Little bike, big seat

In virtually all of the photos I’ve seen of bikes in China, riders have not shrunk from carrying passengers on bikes, even if said bikes were technically not designed for this purpose. The rear seat on this bicycle is disconcertingly far back on the rear wheel, which must make the bike itself fishtail like crazy. So I find it especially impressive, or alternatively crazy, that the rear seat is large enough that it could almost certainly carry a second adult. And that seat does not lack style. Compared to the sea of gray plastic child seats I see mounted on rear racks in this country, it is a nice change of pace for the child seat to outclass the bike.

Three-seat tandems, city-bike style

But if you really want to ride in style, you can rent a three-seater tandem. Compare these rides to the surreys you see in American parks: there is no comparison. I especially like that they come with fenders, chainguards, and front baskets, as though they were actually viable commuter vehicles, which seems pretty improbable.
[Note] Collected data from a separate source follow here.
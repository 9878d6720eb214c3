-- ===== src/Client/Stripes.antt =====
-- src/client/cluster_client.cpp: the bounds of the stripes that `slice_rw` goes through.
use vitastor.Base.{
  ℕ, suc, ◌+◌, ◌-◌, ◌*◌, ◌/◌, ◌^◌, ◌≤◌, ◌<◌, ◌≡◌, refl, sym, ap, ◌∙◌, inl, inr, true, ltb,
  if◌then◌else◌, arith, lt→ltb, ltb→lt, Bool-cases,
}
use native.Mathlib.Nat.{
  suc-mul, add-mul, div-mul-le_self, lt-div-mul-add, mul-div_cancel, mul_assoc,
  lt_of_mul-lt-mul_right,
}
use vitastor.Base.Words.{add64, sub64}
use vitastor.Client.Slices.{
  PoolConfig, Request, pg_block_size, last_stripe, stripe_begin, stripe_end,
}

pub pg_block_size-lt : (pool_cfg : PoolConfig) → pg_block_size pool_cfg < 2 ^ 32
unfolding pg_block_size
pg_block_size-lt pool_cfg = omega arith

-- The stripes of a range, of a block size `b`.
pub last_bounds :
    (hi b : ℕ) → 0 < b → 0 < hi → ((hi - 1) / b * b < hi) × (hi ≤ (hi - 1) / b * b + b)
last_bounds hi b p q =
    (omega (arith, div-mul-le_self (hi - 1) b), omega (arith, lt-div-mul-add {a = hi - 1} p))

pub stripe_count : (p q b : ℕ) → 0 < b → p ≤ q → p + ((q * b - p * b) / b + 1) ≡ q + 1
stripe_count p q b k l =
    let d : ℕ = q - p in
    let e : q ≡ p + d = omega arith in
    let f : q * b - p * b ≡ d * b = omega (arith, ap (λ (t : ℕ). t * b) e, add-mul p d b) in
    omega (arith, ap (λ (t : ℕ). t / b) f, mul-div_cancel d k)

-- The sizes of a pool and the range of an operation are whole granules, and no address wraps.
pub record IsSliced (pool_cfg : PoolConfig) (op : Request) : Type 0 where
  pub block : 0 < pg_block_size pool_cfg
  pub granule : 0 < pool_cfg.bitmap_granularity
  pub some_len : 0 < op.len
  pub range : op.offset + op.len + pg_block_size pool_cfg < 2 ^ 64
  pub offset_granules : (a : ℕ) × (op.offset ≡ a * pool_cfg.bitmap_granularity)
  pub len_granules : (a : ℕ) × (op.len ≡ a * pool_cfg.bitmap_granularity)
  pub block_granules : (a : ℕ) × (pg_block_size pool_cfg ≡ a * pool_cfg.bitmap_granularity)

module _ (pool_cfg : PoolConfig) (op : Request) (v : IsSliced pool_cfg op) where
  -- The number of a granule of the operation that starts at a position.
  abbrev pub IsAt : ℕ → Type 0
  IsAt x = (k : ℕ) × (x ≡ op.offset + k * pool_cfg.bitmap_granularity)

  pub last_stripe-eq :
      last_stripe pool_cfg op.offset op.len
      ≡ (op.offset + op.len - 1) / pg_block_size pool_cfg * pg_block_size pool_cfg
  unfolding last_stripe
  last_stripe-eq =
      let some : ltb 0 op.len ≡ true = ground (arith, v.some_len) in
      let e : sub64 (add64 op.offset op.len) 1 ≡ op.offset + op.len - 1 =
        omega (arith, v.range, v.some_len) in
      rw (some, e) refl

  pub begin-IsAt : (q : ℕ) → IsAt (stripe_begin op (q * pg_block_size pool_cfg))
  unfolding stripe_begin
  begin-IsAt q = elim (Bool-cases (ltb op.offset (q * pg_block_size pool_cfg))) [
    | inl y ↦
        let (a, e) = v.offset_granules in
        let (c, f) = v.block_granules in
        let g : ℕ = pool_cfg.bitmap_granularity in
        let s : q * pg_block_size pool_cfg ≡ q * c * g =
          ap (λ (t : ℕ). q * t) f ∙ sym (mul_assoc q c g) in
        let l : a < q * c =
          lt_of_mul-lt-mul_right g
            (omega (arith, e, s, ltb→lt op.offset (q * pg_block_size pool_cfg) y)) in
        let d : a + (q * c - a) ≡ q * c = omega arith in
        let whole : q * pg_block_size pool_cfg ≡ op.offset + (q * c - a) * g =
          omega (arith, s, e, add-mul a (q * c - a) g, ap (λ (t : ℕ). t * g) d) in
        (q * c - a, rw y whole)
    | inr n ↦ (0, rw n (omega arith))
  ]

  pub next-begin :
      (q : ℕ)
      → op.offset < q * pg_block_size pool_cfg + pg_block_size pool_cfg
      → stripe_begin op (suc q * pg_block_size pool_cfg)
        ≡ q * pg_block_size pool_cfg + pg_block_size pool_cfg
  unfolding stripe_begin
  next-begin q m = let e = suc-mul q (pg_block_size pool_cfg) in rw e (rw (lt→ltb _ _ m) refl)

  pub end-eq :
      (s : ℕ)
      → s < op.offset + op.len
      → stripe_end pool_cfg op s ≡ (
          if ltb (s + pg_block_size pool_cfg) (op.offset + op.len)
          then s + pg_block_size pool_cfg
          else op.offset + op.len)
  unfolding stripe_end
  end-eq s l =
      let e : add64 s (pg_block_size pool_cfg) ≡ s + pg_block_size pool_cfg =
        omega (arith, v.range, l) in
      let f : add64 op.offset op.len ≡ op.offset + op.len = omega (arith, v.range) in rw (e, f) refl

  pub end-IsAt :
      (q : ℕ)
      → q * pg_block_size pool_cfg < op.offset + op.len
      → op.offset < q * pg_block_size pool_cfg + pg_block_size pool_cfg
      → IsAt (stripe_end pool_cfg op (q * pg_block_size pool_cfg))
  end-IsAt q l m =
      let s : ℕ = q * pg_block_size pool_cfg in
      let (k, at) = begin-IsAt (suc q) in
      let (c, whole) = v.len_granules in
      let next : stripe_begin op (suc q * pg_block_size pool_cfg) ≡ s + pg_block_size pool_cfg =
        next-begin q m in
      elim (Bool-cases (ltb (s + pg_block_size pool_cfg) (op.offset + op.len))) [
        | inl y ↦ (k, end-eq s l ∙ rw y (sym next ∙ at))
        | inr n ↦ (c, end-eq s l ∙ rw n (ap (λ (t : ℕ). op.offset + t) whole))
      ]

  -- A stripe that the operation touches.
  pub record IsTouched (q : ℕ) : Type 0 where
    pub starts : q * pg_block_size pool_cfg < op.offset + op.len
    pub ends : op.offset < q * pg_block_size pool_cfg + pg_block_size pool_cfg

  pub bounds :
      (q : ℕ)
      → IsTouched q
      → (op.offset ≤ stripe_begin op (q * pg_block_size pool_cfg))
        × (q * pg_block_size pool_cfg ≤ stripe_begin op (q * pg_block_size pool_cfg))
        × (stripe_begin op (q * pg_block_size pool_cfg)
            < stripe_end pool_cfg op (q * pg_block_size pool_cfg))
        × (stripe_end pool_cfg op (q * pg_block_size pool_cfg) ≤ op.offset + op.len)
        × (stripe_end pool_cfg op (q * pg_block_size pool_cfg)
            ≤ q * pg_block_size pool_cfg + pg_block_size pool_cfg)
  unfolding stripe_begin
  bounds q t =
      ground
        (arith, end-eq (q * pg_block_size pool_cfg) t.starts, t.starts, t.ends, v.block, v.some_len)
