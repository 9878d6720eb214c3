-- ===== src/Client/Affected.antt =====
-- src/client/cluster_client.cpp: `affects_pg` and `affects_osd` against the stripes of a range.
use vitastor.Base.{
  ℕ, zero, suc, ◌+◌, ◌-◌, ◌*◌, ◌/◌, ◌%◌, ◌^◌, ◌≤◌, ◌<◌, ◌≡◌, refl, ap, ◌∙◌, ◌⊎◌, ◌↔◌, inl, inr,
  true, false, ◌&&◌, ◌||◌, Option, none, some, ltb, leb, ◌!=◌, if◌then◌else◌, le→leb, arith,
  Bool-cases,
}
use native.Mathlib.Decide.{dec_lt}
use native.Mathlib.Nat.{
  suc-mul, add-mul, one-mul, div-mul-le_self, lt-div-mul-add, mod-add-div, mod-lt, mul-add, mul-one,
  mul-le-mul_right, mul-le-mul_left, mul_comm, lt_of_mul-lt-mul_right,
}
use vitastor.Base.Words.{add64, sub64}
use vitastor.Client.Slices.{
  PoolConfig, pg_block_size, first_stripe, last_stripe, map_to_pg, affects_pg, find_primary,
  is_some_eq, affects_osd_from, affects_osd,
}
use vitastor.Client.Stripes.{stripe_count}

-- The counts of a pool are positive, and no address of a range wraps.
pub record IsRange (pool_cfg : PoolConfig) (offset len : ℕ) : Type 0 where
  pub block : 0 < pg_block_size pool_cfg
  pub stripe : 0 < pool_cfg.pg_stripe_size
  pub groups : 0 < pool_cfg.real_pg_count
  pub few : pool_cfg.real_pg_count < 2 ^ 32 - 1
  pub some_len : 0 < len
  pub wide : offset + len + pg_block_size pool_cfg < 2 ^ 64

-- The number of the last stripe of a range
abbrev pub last_number : PoolConfig → ℕ → ℕ → ℕ
last_number pool_cfg offset len = (offset + len - 1) / pg_block_size pool_cfg

div-le : (a c b : ℕ) → 0 < b → a ≤ c → a / b ≤ c / b
div-le a c b p l =
    let order : a / b < c / b + 1 = lt_of_mul-lt-mul_right b (
      omega (
        arith,
        div-mul-le_self a b,
        lt-div-mul-add {a = c} p,
        add-mul (c / b) 1 b,
        one-mul b,
        l,
      )) in
    omega (arith, order)

step : (n x y : ℕ) → x ≤ y → y < x + 2 → (n * y ≡ n * x) ⊎ (n * y ≡ n * x + n)
step n x y l m = elim (dec_lt x y) [
  | yes h ↦
      let e : y ≡ x + 1 = omega arith in
      inr (ap (λ (t : ℕ). n * t) e ∙ omega (arith, mul-add n x 1, mul-one n))
  | no h ↦ let e : y ≡ x = omega arith in inl (ap (λ (t : ℕ). n * t) e)
]

-- Three numbers in a row that span less than a period: their remainders lie in cyclic order.
cyclic :
    (n a q c : ℕ)
    → 0 < n
    → a ≤ q
    → q ≤ c
    → c - a + 1 < n
    → (if leb (a % n + 1) (c % n + 1)
        then leb (a % n + 1) (q % n + 1) && leb (q % n + 1) (c % n + 1)
        else leb (a % n + 1) (q % n + 1) || leb (q % n + 1) (c % n + 1))
      ≡ true
cyclic n a q c p l m s =
    let ra = mod-add-div a n in
    let rq = mod-add-div q n in
    let rc = mod-add-div c n in
    let la : a % n < n = mod-lt a p in
    let lq : q % n < n = mod-lt q p in
    let lc : c % n < n = mod-lt c p in
    let oq : a / n ≤ q / n = div-le a q n p l in
    let oc : q / n ≤ c / n = div-le q c n p m in
    let ea = mul_comm n (a / n) in
    let near : c / n < a / n + 2 =
      lt_of_mul-lt-mul_right n
        (omega (arith, ra, rc, la, lc, s, l, m, mul_comm n (c / n), ea, add-mul (a / n) 2 n)) in
    let mono = mul-le-mul_left n oc in
    elim (step n (a / n) (q / n) oq (omega (arith, near, oc))) [
      | inl eq ↦ elim (step n (a / n) (c / n) (omega (arith, oq, oc)) near) [
        | inl ec ↦ ground (arith, ra, rq, rc, la, lq, lc, eq, ec, l, m)
        | inr ec ↦ ground (arith, ra, rq, rc, la, lq, lc, eq, ec, l, m, s)
      ]
      | inr eq ↦ elim (step n (a / n) (c / n) (omega (arith, oq, oc)) near) [
        | inl ec ↦ absurd (omega (arith, mono, eq, ec, p))
        | inr ec ↦ ground (arith, ra, rq, rc, la, lq, lc, eq, ec, l, m, s)
      ]
    ]

-- For a range of at least one byte whose addresses do not wrap, in a pool with positive sizes and fewer
-- than 2 ^ 32 - 1 placement groups, affects_pg says that the range affects a placement group of the pool
-- if a stripe that the range touches belongs to the group.
pub affects_pg-map_to_pg :
    (pool_cfg : PoolConfig) (inode offset len q : ℕ)
    → IsRange pool_cfg offset len
    → offset / pg_block_size pool_cfg ≤ q
    → q ≤ last_number pool_cfg offset len
    → affects_pg pool_cfg inode offset len
        (inode / 2 ^ 48)
        (map_to_pg pool_cfg (q * pg_block_size pool_cfg))
      ≡ true
unfolding affects_pg first_stripe last_stripe map_to_pg
affects_pg-map_to_pg pool_cfg inode offset len q v low high =
    let b : ℕ = pg_block_size pool_cfg in
    let s : ℕ = pool_cfg.pg_stripe_size in
    let n : ℕ = pool_cfg.real_pg_count in
    let some : ltb 0 len ≡ true = ground (arith, v.some_len) in
    let end : sub64 (add64 offset len) 1 ≡ offset + len - 1 = omega (arith, v.wide, v.some_len) in
    let a : ℕ = offset / b * b / s in
    let c : ℕ = last_number pool_cfg offset len * b / s in
    let l : a ≤ q * b / s = div-le (offset / b * b) (q * b) s v.stripe (mul-le-mul_right b low) in
    let m : q * b / s ≤ c =
      div-le (q * b) (last_number pool_cfg offset len * b) s v.stripe (mul-le-mul_right b high) in
    let ma = mod-lt a v.groups in
    let mq = mod-lt (q * b / s) v.groups in
    let mc = mod-lt c v.groups in
    let wa : (a % n + 1) % 2 ^ 32 ≡ a % n + 1 = omega (arith, ma, v.few) in
    let wq : (q * b / s % n + 1) % 2 ^ 32 ≡ q * b / s % n + 1 = omega (arith, mq, v.few) in
    let wc : (c % n + 1) % 2 ^ 32 ≡ c % n + 1 = omega (arith, mc, v.few) in
    let pool : (inode / 2 ^ 48 != inode / 2 ^ 48) ≡ false = ground arith in
    elim (Bool-cases (leb n (c - a + 1))) [
      | inl y ↦ rw (some, end, pool, y) refl
      | inr f ↦
          rw (some, end, pool, f, wa, wq, wc)
            (cyclic n a (q * b / s) c v.groups l m (ground (arith, f)))
    ]

-- A stripe of a range belongs to a placement group of which an OSD is the primary.
abbrev pub IsPrimaryOf : PoolConfig → ℕ → ℕ → ℕ → Type 0
IsPrimaryOf pool_cfg osd low high =
    (q : ℕ) × (low ≤ q)
    × (q ≤ high)
    × (find_primary (map_to_pg pool_cfg (q * pg_block_size pool_cfg)) pool_cfg.pg_config ≡ some osd)

is_some_eq→eq : (o : Option ℕ) (n : ℕ) → is_some_eq o n ≡ true → o ≡ some n
is_some_eq→eq none n h = cc
is_some_eq→eq (some m) n h = ground (arith, h)

affects_osd_from_lem :
    (pool_cfg : PoolConfig) (n q last osd : ℕ)
    → last * pg_block_size pool_cfg + pg_block_size pool_cfg < 2 ^ 64
    → q + n ≡ last + 1
    → (affects_osd_from pool_cfg n (q * pg_block_size pool_cfg) (last * pg_block_size pool_cfg) osd
        ≡ true)
      ↔ IsPrimaryOf pool_cfg osd q last
unfolding affects_osd_from
affects_osd_from_lem pool_cfg zero q last osd wide e =
    ((λ h. cc h), λ w. absurd (omega (arith, w.1, w.2, e)))
affects_osd_from_lem pool_cfg (suc n) q last osd wide e =
    let b : ℕ = pg_block_size pool_cfg in
    let le : q * b ≤ last * b = mul-le-mul_right b (omega (arith, e)) in
    let go : leb (q * b) (last * b) ≡ true = le→leb _ _ le in
    let next : add64 (q * b) b ≡ suc q * b = omega (arith, suc-mul q b, le, wide) in
    let (there, back) = affects_osd_from_lem pool_cfg n (suc q) last osd wide (omega (arith, e)) in
    elim (Bool-cases
      (is_some_eq (find_primary (map_to_pg pool_cfg (q * b)) pool_cfg.pg_config) osd)) [
        | inl y ↦
            rw (go, y) ((λ h. (q, omega arith, omega (arith, e), is_some_eq→eq _ osd y)), λ w. refl)
        | inr f ↦
            rw (go, f, next)
              (
                (λ h. let (k, low, high, at) = there h in (k, omega (arith, low), high, at)),
                λ w. elim (dec_lt q w.0) [
                  | yes m ↦ back (w.0, m, w.2, w.3)
                  | no m ↦
                      let same : w.0 ≡ q = omega (arith, w.1) in
                      let at = rw same at w.3 in ground (arith, f, at)
                ],
              )
      ]

-- For a range of at least one byte whose addresses do not wrap, in a pool with positive sizes and fewer
-- than 2 ^ 32 - 1 placement groups, affects_osd says that the range affects an OSD if and only if a stripe
-- that the range touches belongs to a placement group of which the OSD is the primary.
pub affects_osd_lem :
    (pool_cfg : PoolConfig) (offset len osd : ℕ)
    → IsRange pool_cfg offset len
    → (affects_osd pool_cfg offset len osd ≡ true)
      ↔ IsPrimaryOf pool_cfg osd (offset / pg_block_size pool_cfg) (last_number pool_cfg offset len)
unfolding affects_osd first_stripe last_stripe
affects_osd_lem pool_cfg offset len osd v =
    let b : ℕ = pg_block_size pool_cfg in
    let some : ltb 0 len ≡ true = ground (arith, v.some_len) in
    let end : sub64 (add64 offset len) 1 ≡ offset + len - 1 = omega (arith, v.wide, v.some_len) in
    let first : ℕ = offset / b in
    let last : ℕ = last_number pool_cfg offset len in
    let order : first ≤ last =
      div-le offset (offset + len - 1) b v.block (omega (arith, v.some_len)) in
    let wide : last * b + b < 2 ^ 64 =
      omega (arith, div-mul-le_self (offset + len - 1) b, v.wide, v.some_len) in
    rw (some, end)
      (affects_osd_from_lem pool_cfg ((last * b - first * b) / b + 1) first last osd wide
        (stripe_count first last b v.block order))
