-- ===== src/Client/Counts.antt =====
-- src/client/cluster_client.cpp: what `prev_wait` counts, and that the tests of `calc_wait` and
-- `inc_wait` are the same.
use vitastor.Base.{
  ℕ, zero, suc, ◌+◌, ◌≡◌, refl, ◌⊎◌, Bool, true, false, not, ◌&&◌, List, [], ◌∷◌, ◌++◌, ◌==◌, ◌!=◌,
  if◌then◌else◌, arith,
}
use vitastor.Client.{
  ClientOp, is_flush, is_tracked, is_write, osd_op_sync, waits_for, count_waits, is_affected,
}

-- An operation that is not tracked holds no other one up.
abbrev pub IsRegular : Bool → ClientOp → Type 0
IsRegular wb op =
    (is_tracked wb op.flags ≡ true)
    ⊎ (((op.opcode == osd_op_sync) ≡ false) × (is_flush op.flags ≡ false))

-- Each operation counts the earlier ones that it waits for. Those before the queue are given.
abbrev pub IsCounted : Bool → List ClientOp → List ClientOp → Type 0
IsCounted wb before [] = Unit
IsCounted wb before (op ∷ next) =
    (op.prev_wait ≡ count_waits wb op before) × IsRegular wb op × IsCounted wb (op ∷ before) next

-- 1 if an operation waits for another.
abbrev pub weight : Bool → ℕ
weight b = if b then 1 else 0

-- Two lists of earlier operations differ by one operation, for all that wait.
abbrev pub DiffersBy : Bool → ClientOp → List ClientOp → List ClientOp → Type 0
DiffersBy wb op more less =
    (x : ClientOp) → count_waits wb x more ≡ weight (waits_for wb x op) + count_waits wb x less

pub DiffersBy-cons :
    (wb : Bool) (op next : ClientOp) (n m : ℕ) (more less : List ClientOp)
    → DiffersBy wb op more less
    → DiffersBy wb op (record next { prev_wait = n } ∷ more) (record next { prev_wait = m } ∷ less)
unfolding count_waits waits_for
DiffersBy-cons wb op next n m more less d x = ground (arith, d x)

-- What an operation waits for does not depend on what it has counted.
pub count_waits-record :
    (wb : Bool) (op : ClientOp) (n : ℕ) (before : List ClientOp)
    → count_waits wb (record op { prev_wait = n }) before ≡ count_waits wb op before
unfolding count_waits waits_for
count_waits-record wb op n [] = refl
count_waits-record wb op n (prev ∷ before) = ground (arith, count_waits-record wb op n before)

-- An operation that neither syncs nor writes holds nothing up.
pub waits_for_other :
    (wb : Bool) (x op : ClientOp)
    → (not (is_write op.opcode) && op.opcode != osd_op_sync) ≡ true
    → waits_for wb x op ≡ false
unfolding waits_for
waits_for_other wb x op h = ground arith

pub is_affected-waits_for :
    (wb : Bool) (x op : ClientOp)
    → (not (is_write op.opcode) && op.opcode != osd_op_sync) ≡ false
    → is_affected wb op.opcode op.flags x ≡ waits_for wb x op
unfolding waits_for is_affected
is_affected-waits_for wb x op h = ground arith

pub waits_for_untracked :
    (wb : Bool) (x op : ClientOp)
    → is_tracked wb op.flags ≡ false
    → IsRegular wb op
    → waits_for wb x op ≡ false
unfolding waits_for
waits_for_untracked wb x op h r = ground (arith, h, r)

-- How many operations of a name wait.
unfoldable pub waiting : ℕ → List ClientOp → ℕ
waiting name [] = 0
waiting name (op ∷ next) =
    (if op.name == name && op.prev_wait != 0 then 1 else 0) + waiting name next

-- How many operations of a name are in a list.
unfoldable pub occurrences : ℕ → List ClientOp → ℕ
occurrences name [] = 0
occurrences name (op ∷ ops) = (if op.name == name then 1 else 0) + occurrences name ops

pub occurrences-append :
    (x : ℕ) (xs ys : List ClientOp) → occurrences x (xs ++ ys) ≡ occurrences x xs + occurrences x ys
unfolding occurrences
occurrences-append x [] ys = omega arith
occurrences-append x (op ∷ xs) ys = omega (arith, occurrences-append x xs ys)

-- The operation at a place is there and waits for nothing.
abbrev pub IsStarted : ℕ → List ClientOp → Type 0
IsStarted n [] = ⊥
IsStarted zero (op ∷ next) = op.prev_wait ≡ 0
IsStarted (suc n) (op ∷ next) = IsStarted n next
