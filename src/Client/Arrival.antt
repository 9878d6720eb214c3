-- ===== src/Client/Arrival.antt =====
-- src/client/cluster_client.cpp: `unshift_op` and the end of `execute_internal` keep the counts.
use vitastor.Base.{
  ℕ, ◌+◌, ◌≡◌, refl, ◌⊎◌, inl, inr, Bool, true, false, not, ◌&&◌, List, [], ◌∷◌, some, ◌==◌, ◌!=◌,
  if◌then◌else◌, arith, Bool-cases,
}
use vitastor.Client.{
  ClientOp, up, is_flush, is_tracked, is_write, osd_op_sync, waits_for, count_waits, is_affected,
  inc_one, inc_rest, inc_wait, unshift_op,
}
use vitastor.Client.Counts.{
  IsRegular, IsCounted, DiffersBy, DiffersBy-cons, count_waits-record, waits_for_other,
  is_affected-waits_for,
}

-- The operation with one more to wait for, if it waits for the new one.
abbrev pub delayed : Bool → ClientOp → ClientOp → ClientOp
delayed wb op next =
    if waits_for wb next op then record next { prev_wait = next.prev_wait + 1 } else next

abbrev pub delay_all : Bool → ClientOp → List ClientOp → List ClientOp
delay_all wb op [] = []
delay_all wb op (n ∷ next) = delayed wb op n ∷ delay_all wb op next

inc_one-up :
    (wb : Bool) (op next : ClientOp)
    → is_affected wb op.opcode op.flags next ≡ waits_for wb next op
    → inc_one wb op.opcode op.flags up next ≡ some (delayed wb op next, [])
unfolding inc_one
inc_one-up wb op next same = elim (Bool-cases (waits_for wb next op)) [
  | inl y ↦ ground (arith, same, y)
  | inr f ↦ ground (arith, same, f)
]

inc_rest-up :
    (wb : Bool) (op : ClientOp) (next : List ClientOp)
    → ((x : ClientOp) → is_affected wb op.opcode op.flags x ≡ waits_for wb x op)
    → inc_rest wb op.opcode op.flags up next ≡ some (delay_all wb op next, [])
unfolding inc_rest
inc_rest-up wb op [] same = refl
inc_rest-up wb op (n ∷ next) same =
    rw (inc_one-up wb op n (same n), inc_rest-up wb op next same) refl

delay_none :
    (wb : Bool) (op : ClientOp) (next : List ClientOp)
    → ((x : ClientOp) → waits_for wb x op ≡ false)
    → delay_all wb op next ≡ next
delay_none wb op [] h = refl
delay_none wb op (n ∷ next) h = ground (arith, h n, delay_none wb op next h)

-- `inc_wait`, when an operation comes in front.
inc_wait-up :
    (wb : Bool) (op : ClientOp) (next : List ClientOp)
    → inc_wait wb op.opcode op.flags up next ≡ some (delay_all wb op next, [])
unfolding inc_wait
inc_wait-up wb op next = elim (Bool-cases (not (is_write op.opcode) && op.opcode != osd_op_sync)) [
  | inl y ↦ rw (y, delay_none wb op next (λ x. waits_for_other wb x op y)) refl
  | inr n ↦ rw n (inc_rest-up wb op next (λ x. is_affected-waits_for wb x op n))
]

delayed-IsCounted :
    (wb : Bool) (op : ClientOp) (more less : List ClientOp) (next : List ClientOp)
    → DiffersBy wb op more less
    → IsCounted wb less next
    → IsCounted wb more (delay_all wb op next)
delayed-IsCounted wb op more less [] d v = tt
delayed-IsCounted wb op more less (n ∷ next) d (count, regular, v) =
    elim (Bool-cases (waits_for wb n op)) [
      | inl y ↦
          let k : ℕ = n.prev_wait + 1 in
          let e : k ≡ count_waits wb (record n { prev_wait = k }) more =
            ground (arith, count, d n, y, count_waits-record wb n k more) in
          rw y (
            e,
            regular,
            delayed-IsCounted wb op (record n { prev_wait = k } ∷ more) (n ∷ less) next
                (DiffersBy-cons wb op n k n.prev_wait more less d) v,
          )
      | inr f ↦ rw f (
        ground (arith, count, d n, f),
        regular,
        delayed-IsCounted wb op (n ∷ more) (n ∷ less) next
            (DiffersBy-cons wb op n n.prev_wait n.prev_wait more less d) v,
      )
    ]

-- An operation that waits for nothing, put in front of a counted queue by `unshift_op`, makes those
-- wait one more which wait for it; the queue is counted again, and no operation is continued by it.
pub unshift_op-IsCounted :
    (wb : Bool) (op : ClientOp) (queue : List ClientOp)
    → op.prev_wait ≡ 0
    → IsRegular wb op
    → IsCounted wb [] queue
    → (unshift_op wb op queue ≡ some (op ∷ delay_all wb op queue, []))
      × IsCounted wb [] (op ∷ delay_all wb op queue)
unfolding unshift_op count_waits
unshift_op-IsCounted wb op queue z regular v = (
  rw (inc_wait-up wb op queue) refl,
  (z, regular, delayed-IsCounted wb op (op ∷ []) [] queue (λ x. refl) v),
)

-- The operations of a queue from the last one back, behind those given.
abbrev pub backward : List ClientOp → List ClientOp → List ClientOp
backward before [] = before
backward before (op ∷ next) = backward (op ∷ before) next

-- No SYNC and no write that flushes
abbrev pub HasNoBarrier : List ClientOp → Type 0
HasNoBarrier [] = Unit
HasNoBarrier (op ∷ next) =
    ((op.opcode == osd_op_sync) ≡ false)
    × ((is_write op.opcode && is_flush op.flags) ≡ false)
    × HasNoBarrier next

-- A new operation, which execute_internal counts, or else neither a SYNC nor a flush, and then a write
-- only where no barrier is in the queue.
abbrev pub MayArrive : Bool → List ClientOp → ClientOp → Type 0
MayArrive wb queue op =
    (is_tracked wb op.flags ≡ true)
    ⊎ ((op.prev_wait ≡ 0)
        × ((op.opcode == osd_op_sync) ≡ false)
        × (is_flush op.flags ≡ false)
        × ((is_write op.opcode ≡ false) ⊎ HasNoBarrier queue))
But it’s nice that that’s the assumption; tandems in this country seem primarily targeted to the road biking set. This is a shame given that kids love tandems.

Really basic bike shop: no walls, no ceiling

By contrast, the bike shops of the lake district are a lot more ad hoc. In Portland they put everything on cargo bikes, and I imagine that this is handy when you have a flat by the side of the road: rolling bike shop to the rescue! But in Beijing a bike shop is evidently a guy on the sidewalk. Despite having a lot less real estate at his disposal than even a tiny San Francisco bike shop, this guy has nonetheless provided customer seating. I thought that was a classy touch.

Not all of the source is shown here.